Collect from the data below each line with "preceded".

**** PROVIDED RECORDS

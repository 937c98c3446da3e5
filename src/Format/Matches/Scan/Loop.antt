-- ===== src/Format/Matches/Scan/Loop.antt =====
-- The loop of `push_word_matches` against the one pass over the characters.
use fediway.Prelude.{
  ℕ, zero, suc, ◌+◌, ◌<◌, ◌≡◌, refl, sym, ap, ◌∙◌, inl, inr, Bool, true, false, ◌&&◌, List, [], ◌∷◌,
  ◌++◌, append_assoc, append-nil, none, some, arith, ltb, Bool-cases, Option-cases, length,
  length-append,
}
use fediway.Format.Characters.{
  Text, width_pos, size, size-append, split_at-whole, find, last, last_or, last_or-append,
}
use fediway.Format.Matches.{
  Span, is_some_and, joins_before, push_if, word_matches, push_word_matches,
}
use fediway.Format.Matches.Scan.{
  stands_alone, words, words_from, words_from-hit, words_from-none, words_from-some, push_word,
}

preceded-ltb :
    (p : ℕ → Bool) (left : Text) {start : ℕ}
    → size left ≡ start
    → (ltb 0 start && is_some_and (last left) p) ≡ is_some_and (last left) p
preceded-ltb p [] h = ground arith
preceded-ltb p (c ∷ left) h = ground (arith, width_pos c)

-- One round of the loop, at a needle `a` further on.
word_matches-round :
    (is_alphanumeric : ℕ → Bool) (needle html : Text) (fuel : ℕ) (spans : List Span)
    (behind ahead a b text : Text) {rel : ℕ}
    → behind ++ ahead ≡ text
    → find needle ahead ≡ some rel
    → a ++ (needle ++ b) ≡ ahead
    → size a ≡ rel
    → word_matches is_alphanumeric (suc fuel) text needle html (size behind) spans
      ≡ word_matches is_alphanumeric fuel text needle html (size ((behind ++ a) ++ needle)) (
          push_if is_alphanumeric
            (stands_alone is_alphanumeric needle html (last (behind ++ a)) b)
            (record {
              start = size (behind ++ a);
              end = size (behind ++ a) + size needle;
              html = html;
            })
            spans)
unfolding word_matches
word_matches-round is_alphanumeric needle html fuel spans behind ahead a b text {rel} e f g k =
    let start : size (behind ++ a) ≡ size behind + rel = omega (arith, size-append behind a) in
    let whole : (behind ++ a) ++ (needle ++ b) ≡ text =
      append_assoc behind a (needle ++ b) ∙ ap (◌++◌ behind) g ∙ e in
    rw
      (
        split_at-whole behind ahead e refl,
        f,
        split_at-whole (behind ++ a) (needle ++ b) whole start,
        split_at-whole ((behind ++ a) ++ needle) b (append_assoc (behind ++ a) needle b ∙ whole)
            (size-append (behind ++ a) needle ∙ ap (λ t. t + size needle) start),
        preceded-ltb (joins_before is_alphanumeric) (behind ++ a) start,
        size-append (behind ++ a) needle,
        start,
      )
      refl

push_if-append :
    (is_alphanumeric : ℕ → Bool) (needle html : Text) (alone : Bool) (place : ℕ)
    (spans rest : List Span)
    → push_if is_alphanumeric alone
          (record { start = place; end = place + size needle; html = html })
          spans
        ++ rest
      ≡ spans ++ push_word is_alphanumeric needle html alone place rest
push_if-append is_alphanumeric needle html true place spans rest = append_assoc spans _ rest
push_if-append is_alphanumeric needle html false place spans rest = refl

-- At the needle behind `behind ++ a` the pass pushes what the loop pushes.
words_from-found :
    (is_alphanumeric : ℕ → Bool) (n : ℕ) (ns html behind a b : Text)
    → words_from is_alphanumeric
        (n ∷ ns)
        html
        0
        (size behind + size a)
        (last_or (last behind) a)
        ((n ∷ ns) ++ b)
      ≡ push_word is_alphanumeric
          (n ∷ ns)
          html
          (stands_alone is_alphanumeric (n ∷ ns) html (last (behind ++ a)) b)
          (size (behind ++ a))
          (words_from is_alphanumeric
            (n ∷ ns)
            html
            0
            (size ((behind ++ a) ++ (n ∷ ns)))
            (last ((behind ++ a) ++ (n ∷ ns)))
            b)
words_from-found is_alphanumeric n ns html behind a b =
    rw
      (
        size-append (behind ++ a) (n ∷ ns),
        last_or-append none (behind ++ a) (n ∷ ns),
        size-append behind a,
        last_or-append none behind a,
      )
      (words_from-hit is_alphanumeric n ns html (size behind + size a) (last_or (last behind) a) b)

-- The loop pushes the words of the text that lies ahead.
word_matches_lem :
    (is_alphanumeric : ℕ → Bool) (n : ℕ) (ns html : Text) (fuel : ℕ) (behind ahead : Text)
    (text : Text) (spans : List Span)
    → behind ++ ahead ≡ text
    → length ahead < fuel
    → word_matches is_alphanumeric fuel text (n ∷ ns) html (size behind) spans
      ≡ some (spans ++ words_from is_alphanumeric (n ∷ ns) html 0 (size behind) (last behind) ahead)
word_matches_lem is_alphanumeric n ns html zero behind ahead text spans e h = absurd (omega arith)
word_matches_lem is_alphanumeric n ns html (suc fuel) behind ahead text spans e h =
    elim (Option-cases (find (n ∷ ns) ahead)) [
      | inl f ↦
          unfold word_matches in
          rw
            (
              split_at-whole behind ahead e refl,
              f,
              words_from-none is_alphanumeric (n ∷ ns) html ahead (size behind) (last behind) f,
              append-nil spans,
            )
            refl
      | inr (rel, f) ↦
          let (a, b, whole, at, same) =
            words_from-some is_alphanumeric (n ∷ ns) html ahead (size behind) (last behind)
              (omega arith) f in
          let fewer : length b < fuel =
            omega
              (arith, ap length whole, length-append a ((n ∷ ns) ++ b), length-append (n ∷ ns) b) in
          let next : ((behind ++ a) ++ (n ∷ ns)) ++ b ≡ text =
            append_assoc (behind ++ a) (n ∷ ns) b
            ∙ append_assoc behind a ((n ∷ ns) ++ b)
            ∙ ap (◌++◌ behind) whole
            ∙ e in
          word_matches-round is_alphanumeric (n ∷ ns) html fuel spans behind ahead a b text e f
            whole at
          ∙ word_matches_lem is_alphanumeric n ns html fuel ((behind ++ a) ++ (n ∷ ns)) b text _
              next fewer
          ∙ ap some (
              push_if-append is_alphanumeric (n ∷ ns) html
                (stands_alone is_alphanumeric (n ∷ ns) html (last (behind ++ a)) b)
                (size (behind ++ a)) spans _
              ∙ ap (◌++◌ spans)
                  (sym (words_from-found is_alphanumeric n ns html behind a b) ∙ sym same))
    ]

-- `push_word_matches` pushes exactly the words that one pass over the text finds, in the same order.
pub push_word_matches-eq-words :
    (is_alphanumeric : ℕ → Bool) (text needle html : Text) (spans : List Span)
    → push_word_matches is_alphanumeric text needle html spans
      ≡ some (spans ++ words is_alphanumeric needle html text)
unfolding push_word_matches words
push_word_matches-eq-words is_alphanumeric text [] html spans = rw append-nil refl
push_word_matches-eq-words is_alphanumeric text (n ∷ ns) html spans =
    elim (Bool-cases (ltb (size (n ∷ ns)) 2)) [
      | inl e ↦ rw (e, append-nil spans) refl
      | inr e ↦ rw e (
          word_matches_lem is_alphanumeric n ns html (suc (length text)) [] text text spans refl
            (omega arith))
    ]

********

» RESPONSE FOR THIS EXERCISE
preceded-ltb :
preceded-ltb p [] h = ground arith
preceded-ltb p (c ∷ left) h = ground (arith, width_pos c)
        preceded-ltb (joins_before is_alphanumeric) (behind ++ a) start,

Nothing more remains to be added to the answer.